The data:
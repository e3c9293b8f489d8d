-- ===== src/Kube/Patch/Laws.antt =====
-- What the API server reads in a patch.
use deploy_gateway.Base.{
  ℕ, Bool, String, ◌<>◌, ◌==◌, ◌≡◌, refl, true, false, ◌&&◌, Option, none, some, if◌then◌else◌,
}
use deploy_gateway.Base.Text.{quote, strip_prefix}
use deploy_gateway.Base.Text.Laws.{strip_prefix-append}
use deploy_gateway.Kube.Patch.{before_stamp, before_container, before_image, rollout_patch}
use deploy_gateway.Kube.Patch.Json.{read_json, read_json-quote, is_json_text}

abbrev json_behind : Option String → Option (String × String)
json_behind none = none
json_behind (some rest) = read_json rest

-- A fixed text, and the JSON text behind it.
abbrev read_field : String → String → Option (String × String)
read_field p s = json_behind (strip_prefix p s)

-- The three texts of a body that has the fixed parts of a rollout's patch.
read_image : String → String → Option (String × String) → Option (String × String × String)
read_image stamp container none = none
read_image stamp container (some (image, rest)) =
    if rest == "}]}}}}" then some (stamp, container, image) else none

read_container : String → Option (String × String) → Option (String × String × String)
unfolding read_image
read_container stamp none = none
read_container stamp (some (container, rest)) =
    read_image stamp container (read_field before_image rest)

read_stamp : Option (String × String) → Option (String × String × String)
unfolding read_container
read_stamp none = none
read_stamp (some (stamp, rest)) = read_container stamp (read_field before_container rest)

pub read_rollout : String → Option (String × String × String)
unfolding read_stamp
read_rollout body = read_stamp (read_field before_stamp body)

module _ (is_print : ℕ → Bool) where
  read_field-quote :
      (p s t : String)
      → is_json_text is_print s ≡ true
      → read_field p (p <> (quote is_print s <> t)) ≡ some (s, t)
  read_field-quote p s t h = rw (strip_prefix-append p) (read_json-quote is_print s t h)

  pub read_rollout-rollout_patch :
      (stamp container image : String)
      → is_json_text is_print stamp ≡ true
      → is_json_text is_print container ≡ true
      → is_json_text is_print image ≡ true
      → read_rollout (rollout_patch is_print stamp container image) ≡ some (stamp, container, image)
  unfolding read_rollout read_stamp read_container read_image rollout_patch
  read_rollout-rollout_patch stamp container image h k l =
      rw
        (
          read_field-quote before_stamp stamp _ h,
          read_field-quote before_container container _ k,
          read_field-quote before_image image _ l,
        )
        refl

  -- What a reader of JSON finds in the body of a rollout's patch: the three texts, each at its place; or
  -- one of them has a character whose escape by `%q` JSON does not have.
  pub data Says (body stamp container image : String) : Type 0 where
    reads : read_rollout body ≡ some (stamp, container, image) → Says body stamp container image
    no_json :
        (is_json_text is_print stamp
            && (is_json_text is_print container && is_json_text is_print image))
          ≡ false
        → Says body stamp container image

  pub rollout_patch-Says :
      (stamp container image : String)
      → Says (rollout_patch is_print stamp container image) stamp container image
  rollout_patch-Says stamp container image =
      by_texts (is_json_text is_print stamp) (is_json_text is_print container)
        (is_json_text is_print image) refl refl refl
    where
      by_texts :
          (a b c : Bool)
          → is_json_text is_print stamp ≡ a
          → is_json_text is_print container ≡ b
          → is_json_text is_print image ≡ c
          → Says (rollout_patch is_print stamp container image) stamp container image
      by_texts true true true h k l = reads (read_rollout-rollout_patch stamp container image h k l)
      by_texts false b c h k l = no_json (rw h refl)
      by_texts true false c h k l = no_json (rw (h, k) refl)
      by_texts true true false h k l = no_json (rw (h, k, l) refl)
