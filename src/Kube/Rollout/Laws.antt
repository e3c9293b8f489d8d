-- ===== src/Kube/Rollout/Laws.antt =====
-- What a verdict of `EvaluateRollout` says about the deployment.
use mathlib.Core.Path.{subst}
use deploy_gateway.Base.{
  ℕ, String, ◌≢◌, ◌==◌, Bool, false, List, [], ◌∷◌, if◌then◌else◌, ◌≤◌, ◌<◌, ◌≡◌, refl, ◌↔◌, inl,
  inr, true, Option, none, some, arith, eq_iff, Bool-cases,
}
use deploy_gateway.Kube.{Condition, Deployment}
use deploy_gateway.Kube.Rollout.{
  progressing, complete, failed, get_condition, exceeded, desired, evaluate_rollout,
}

-- The controller has observed the current generation.
abbrev pub Observed : Deployment → Type 0
Observed dep = dep.generation ≤ dep.observed_generation

-- How many pods are wanted: one, if the deployment does not say.
pub data Wants : Option ℕ → ℕ → Type 0 where
  unset : Wants none 1
  set : (n : ℕ) → Wants (some n) n

-- Every pod is of the new template, ready and available, and none is left of an old one.
pub record AllNew (dep : Deployment) : Type 0 where
  pub wanted : ℕ
  pub wants : Wants dep.spec_replicas wanted
  pub updated : dep.updated_replicas ≡ wanted
  pub total : dep.replicas ≡ wanted
  pub ready : dep.ready_replicas ≡ wanted
  pub available : dep.available_replicas ≡ wanted

-- The first condition of a kind.
pub data First (kind : String) (c : Condition) : List Condition → Type 0 where
  here : {cs : List Condition} → c.kind ≡ kind → First kind c (c ∷ cs)
  later :
      {d : Condition} {cs : List Condition}
      → d.kind ≢ kind
      → First kind c cs
      → First kind c (d ∷ cs)

-- The first condition of type Progressing is False with the reason ProgressDeadlineExceeded.
pub record DeadlineExceeded (dep : Deployment) : Type 0 where
  pub condition : Condition
  pub found : First "Progressing" condition dep.conditions
  pub status : condition.status ≡ "False"
  pub reason : condition.reason ≡ "ProgressDeadlineExceeded"

desired-Wants : (o : Option ℕ) → Wants o (desired o)
desired-Wants none = unset
desired-Wants (some n) = set n

desired_of_Wants : {o : Option ℕ} {n : ℕ} → Wants o n → desired o ≡ n
desired_of_Wants unset = refl
desired_of_Wants (set n) = refl

get_condition-First :
    (kind : String) (cs : List Condition) (c : Condition)
    → get_condition cs kind ≡ some c
    → First kind c cs
unfolding get_condition
get_condition-First kind [] c h = cc
get_condition-First kind (d ∷ cs) c h =
    by_kind (d.kind == kind) refl h (get_condition-First kind cs c)
  where
    by_kind :
        (b : Bool)
        → (d.kind == kind) ≡ b
        → (if b then some d else get_condition cs kind) ≡ some c
        → (get_condition cs kind ≡ some c → First kind c cs)
        → First kind c (d ∷ cs)
    by_kind true e k ih =
        let same : d ≡ c = cc in
        subst (λ x. First kind x (d ∷ cs)) same (here ((eq_iff d.kind kind).0 e))
    by_kind false e k ih = later (λ x. let y = (eq_iff d.kind kind).1 x in cc) (ih k)

get_condition_of_First :
    {kind : String} {c : Condition} {cs : List Condition}
    → First kind c cs
    → get_condition cs kind ≡ some c
unfolding get_condition
get_condition_of_First {kind} {c} {cs} (here e) =
    let same : (c.kind == kind) ≡ true = (eq_iff c.kind kind).1 e in rw same refl
get_condition_of_First {kind} {c} {cs} (later {d} n f) =
    let ih = get_condition_of_First f in
    let other : (d.kind == kind) ≡ false = ground (arith, n, eq_iff d.kind kind) in rw other ih

-- The code's test on the condition.
exceeded_iff :
    (dep : Deployment)
    → (exceeded (get_condition dep.conditions "Progressing") ≡ true) ↔ DeadlineExceeded dep
exceeded_iff dep = (there (get_condition dep.conditions "Progressing") refl, back)
  where
    there :
        (o : Option Condition)
        → get_condition dep.conditions "Progressing" ≡ o
        → exceeded o ≡ true
        → DeadlineExceeded dep
    there none e h = cc
    there (some c) e h = record {
      condition = c;
      found = get_condition-First "Progressing" dep.conditions c e;
      status = ground (arith, eq_iff c.status "False");
      reason = ground (arith, eq_iff c.reason "ProgressDeadlineExceeded");
    }

    back : DeadlineExceeded dep → exceeded (get_condition dep.conditions "Progressing") ≡ true
    back d = rw (get_condition_of_First d.found) (
        ground (
          arith,
          d.status,
          d.reason,
          eq_iff d.condition.status "False",
          eq_iff d.condition.reason "ProgressDeadlineExceeded",
        ))

-- A rollout counts as failed exactly when the controller has observed the current generation and the
-- deployment's Progressing condition reports an exceeded deadline.
evaluate_rollout-failed_iff :
    (dep : Deployment)
    → ((evaluate_rollout dep).state ≡ failed) ↔ (Observed dep × DeadlineExceeded dep)
unfolding evaluate_rollout
evaluate_rollout-failed_iff dep = (
  λ h. (ground arith, (exceeded_iff dep).0 (ground arith)),
  λ (o, d). let x = (exceeded_iff dep).1 d in rw x (ground arith),
)

-- A rollout counts as complete exactly when the controller has observed the current generation, every
-- pod is new, ready and available with none left of an old template, and no exceeded deadline is
-- reported.
evaluate_rollout-complete_iff :
    (dep : Deployment)
    → ((evaluate_rollout dep).state ≡ complete)
      ↔ (Observed dep × AllNew dep × ¬ DeadlineExceeded dep)
unfolding evaluate_rollout
evaluate_rollout-complete_iff dep = (
  λ h. (
    ground arith,
    record {
      wanted = desired dep.spec_replicas;
      wants = desired-Wants dep.spec_replicas;
      updated = ground arith;
      total = ground arith;
      ready = ground arith;
      available = ground arith;
    },
    λ d. let x = (exceeded_iff dep).1 d in ground arith,
  ),
  λ (o, a, n). elim (Bool-cases (exceeded (get_condition dep.conditions "Progressing"))) [
    | inl x ↦ absurd (n ((exceeded_iff dep).0 x))
    | inr x ↦
        rw x (ground (arith, desired_of_Wants a.wants, a.updated, a.total, a.ready, a.available))
  ],
)

-- A rollout counts as complete exactly when the controller has observed the current generation, every
-- pod is new, ready and available with none left of an old template, and no exceeded deadline is
-- reported; and it counts as failed exactly when the controller has observed the current generation
-- and the deployment's Progressing condition reports an exceeded deadline.
pub evaluate_rollout_iff :
    (dep : Deployment)
    → (((evaluate_rollout dep).state ≡ complete)
        ↔ (Observed dep × AllNew dep × ¬ DeadlineExceeded dep))
      × (((evaluate_rollout dep).state ≡ failed) ↔ (Observed dep × DeadlineExceeded dep))
evaluate_rollout_iff dep = (evaluate_rollout-complete_iff dep, evaluate_rollout-failed_iff dep)

-- A leftover condition of an earlier rollout decides nothing: until the controller has observed the
-- current generation the verdict is progressing, whatever the counts and conditions are.
evaluate_rollout_unobserved :
    (dep : Deployment)
    → dep.observed_generation < dep.generation
    → (evaluate_rollout dep).state ≡ progressing
unfolding evaluate_rollout
evaluate_rollout_unobserved dep h = ground arith
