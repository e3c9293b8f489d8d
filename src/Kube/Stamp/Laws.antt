-- ===== src/Kube/Stamp/Laws.antt =====
-- The stamps of one second differ, whichever nanoseconds they are at.
use Prim.Native.Char.{code}
use text.Mathlib.TextLemmas.{append_cancel_left, append_cancel_right}
use deploy_gateway.Base.{
  ℕ, zero, suc, ◌+◌, ◌-◌, ◌*◌, ◌/◌, ◌%◌, ◌<◌, ◌≡◌, ◌≢◌, refl, sym, ap, ◌∙◌, String, Bool, true,
  false, eqb, arith, if◌then◌else◌,
}
use deploy_gateway.Base.Text.{digit}
use deploy_gateway.Store.{Time, second}
use deploy_gateway.Kube.Stamp.{date_time, fraction_onto, with_point, restart_stamp}

-- The digits read from the left, as if zeros followed up to a width.
read : ℕ → String → ℕ → ℕ
read zero s n = n
read (suc width) String.[] n = read width "" (n * 10)
read (suc width) (String.◌∷◌ c s) n = read width s (n * 10 + (code c - 48))

-- The number `n` with the last digits of `m` behind it.
glue : ℕ → ℕ → ℕ → ℕ
glue zero n m = n
glue (suc k) n m = glue k n (m / 10) * 10 + m % 10

code-digit : (d : ℕ) → d < 10 → code (digit d) - 48 ≡ d
unfolding digit
code-digit zero h = refl
code-digit (suc zero) h = refl
code-digit (suc (suc zero)) h = refl
code-digit (suc (suc (suc zero))) h = refl
code-digit (suc (suc (suc (suc zero)))) h = refl
code-digit (suc (suc (suc (suc (suc zero))))) h = refl
code-digit (suc (suc (suc (suc (suc (suc zero)))))) h = refl
code-digit (suc (suc (suc (suc (suc (suc (suc zero))))))) h = refl
code-digit (suc (suc (suc (suc (suc (suc (suc (suc zero)))))))) h = refl
code-digit (suc (suc (suc (suc (suc (suc (suc (suc (suc zero))))))))) h = refl
code-digit (suc (suc (suc (suc (suc (suc (suc (suc (suc (suc d)))))))))) h = omega arith

read-fraction_onto :
    (k j n m : ℕ) (tail : String)
    → read (k + j) (fraction_onto k m tail) n ≡ read j tail (glue k n m)
unfolding fraction_onto read glue
read-fraction_onto zero j n m tail = let e : 0 + j ≡ j = omega arith in rw e refl
read-fraction_onto (suc k) j n m String.[] =
    let e : suc k + j ≡ k + suc j = omega arith in
    rw e (read-fraction_onto k (suc j) n (m / 10) _ ∙ last (eqb (m % 10) 0) refl)
  where
    last :
        (b : Bool)
        → eqb (m % 10) 0 ≡ b
        → read (suc j) (if b then "" else String.◌∷◌ (digit (m % 10)) "") (glue k n (m / 10))
          ≡ read j "" (glue k n (m / 10) * 10 + m % 10)
    last true z =
        let zero_digit : m % 10 ≡ 0 = ground arith in
        let same : glue k n (m / 10) * 10 ≡ glue k n (m / 10) * 10 + 0 = omega arith in
        rw zero_digit (ap (read j "") same)
    last false z = rw (code-digit (m % 10) (omega arith)) refl
read-fraction_onto (suc k) j n m (String.◌∷◌ c tail) =
    let e : suc k + j ≡ k + suc j = omega arith in
    rw e (read-fraction_onto k (suc j) n (m / 10) _ ∙ rw (code-digit (m % 10) (omega arith)) refl)

-- The number has at most `k` digits.
Short : ℕ → ℕ → Type 0
Short zero n = n ≡ 0
Short (suc k) n = Short k (n / 10)

glue-Short : (k n : ℕ) → Short k n → glue k 0 n ≡ n
unfolding glue Short
glue-Short zero n h = sym h
glue-Short (suc k) n h = rw (glue-Short k (n / 10) h) (omega arith)

nine_digits : (n : ℕ) → n < second → Short 9 n
unfolding Short
nine_digits n h = omega arith

read-fraction : (n : ℕ) → n < second → read 9 (fraction_onto 9 n "") 0 ≡ n
unfolding read
read-fraction n h = read-fraction_onto 9 0 0 n "" ∙ glue-Short 9 n (nine_digits n h)

no_point : String → String
no_point String.[] = ""
no_point (String.◌∷◌ c s) = s

no_point-with_point : (s : String) → no_point (with_point s) ≡ s
unfolding no_point
no_point-with_point String.[] = refl
no_point-with_point (String.◌∷◌ c s) = refl

restart_stamp-injective :
    (t u : Time) → t / second ≡ u / second → restart_stamp t ≡ restart_stamp u → t ≡ u
unfolding restart_stamp
restart_stamp-injective t u same h =
    let g = rw same at h in
    let tails = append_cancel_left (date_time (u / second)) _ _ g in
    let points = append_cancel_right _ _ "Z" tails in
    let digits =
      sym (no_point-with_point (fraction_onto 9 (t % second) ""))
      ∙ ap no_point points
      ∙ no_point-with_point (fraction_onto 9 (u % second) "") in
    let nanoseconds : t % second ≡ u % second =
      sym (read-fraction (t % second) (omega arith))
      ∙ ap (λ s. read 9 s 0) digits
      ∙ read-fraction (u % second) (omega arith) in
    omega arith

-- Two restarts within one second, at different nanoseconds, have different stamps.
pub restart_stamp-distinct :
    (t u : Time) → t / second ≡ u / second → t ≢ u → restart_stamp t ≢ restart_stamp u
restart_stamp-distinct t u same differ h = differ (restart_stamp-injective t u same h)
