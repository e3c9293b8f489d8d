-- ===== src/Manager.antt =====
-- internal/operation: the manager of operations.
pub mod Platform
pub mod World
pub mod Resolve
pub mod Started
pub mod RolledOut
pub mod Crash
pub mod Cluster
pub mod Start
pub mod Watch
pub mod Reconcile
pub mod Steps
pub mod History
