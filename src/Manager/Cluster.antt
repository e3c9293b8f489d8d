-- ===== src/Manager/Cluster.antt =====
-- The manager on the client of internal/kube/client.go.
use deploy_gateway.Base.{ℕ, String, ◌≡◌, ◌≢◌, Bool, none}
use deploy_gateway.Store.Api.{Store, View, IsLawful}
use deploy_gateway.Authn.{GitHubIdentity}
use deploy_gateway.Kube.Stamp.{restart_stamp}
use deploy_gateway.Kube.Patch.Laws.{Says}
use deploy_gateway.Kube.Client.{
  Deployments, restart_deployment, rollout_deployment, get_deployment, watch_deployment,
}
use deploy_gateway.Kube.Client.Laws.{Retries}
use deploy_gateway.Manager.Platform.{Platform}
use deploy_gateway.Manager.World.{Config, World}
use deploy_gateway.Manager.RolledOut.{Chosen}

-- The platform of a client, with the sleep and the context of the process.
abbrev pub client_platform :
    (D : Deployments) → (ℕ → D.State → D.State) → (D.State → Bool) → Platform
client_platform D elapse caller_done = record {
  State = D.State;
  restart_deployment = restart_deployment D;
  rollout_deployment = rollout_deployment D;
  get_deployment = get_deployment D;
  watch_deployment = watch_deployment D;
  clock = D.clock;
  elapse = elapse;
  caller_done = caller_done;
}

module _ (D : Deployments) (elapse : ℕ → D.State → D.State) (caller_done : D.State → Bool)
    (retries : Retries D) where
  abbrev P : Platform
  P = client_platform D elapse caller_done

  module _ (S : Store) (c : Config) (view : View S) (lawful : IsLawful S view) (ulid : String)
      (id : GitHubIdentity) (namespace deployment : String) (w : World S P) (op_id : String) where
    -- What a rollout on a client that returns no error made the API server take.
    pub record Patched (container image : String) (w' : World S P) : Type 0 where
      pub chosen : String
      pub before : World S P
      pub choice :
          Chosen S P c view lawful ulid id namespace deployment w op_id container chosen before
      pub named : chosen ≢ ""
      pub tagged : image ≢ ""
      pub at : D.State
      pub body : String
      pub says : Says D.is_print body (restart_stamp (D.clock at)) chosen image
      pub taken : D.patch namespace deployment body at ≡ (none, w'.platform)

Assigned task:
Give again, word for word, every line of the listing above from the one with "pub wants : Wants dep.spec_replicas wanted" to the one with "desired o ≡ n", both inclusive, and nothing beyond them.

Exercise output:
  pub wants : Wants dep.spec_replicas wanted
  pub updated : dep.updated_replicas ≡ wanted
  pub total : dep.replicas ≡ wanted
  pub ready : dep.ready_replicas ≡ wanted
  pub available : dep.available_replicas ≡ wanted

-- The first condition of a kind.
pub data First (kind : String) (c : Condition) : List Condition → Type 0 where
  here : {cs : List Condition} → c.kind ≡ kind → First kind c (c ∷ cs)
  later :
      {d : Condition} {cs : List Condition}
      → d.kind ≢ kind
      → First kind c cs
      → First kind c (d ∷ cs)

-- The first condition of type Progressing is False with the reason ProgressDeadlineExceeded.
pub record DeadlineExceeded (dep : Deployment) : Type 0 where
  pub condition : Condition
  pub found : First "Progressing" condition dep.conditions
  pub status : condition.status ≡ "False"
  pub reason : condition.reason ≡ "ProgressDeadlineExceeded"

desired-Wants : (o : Option ℕ) → Wants o (desired o)
desired-Wants none = unset
desired-Wants (some n) = set n

desired_of_Wants : {o : Option ℕ} {n : ℕ} → Wants o n → desired o ≡ n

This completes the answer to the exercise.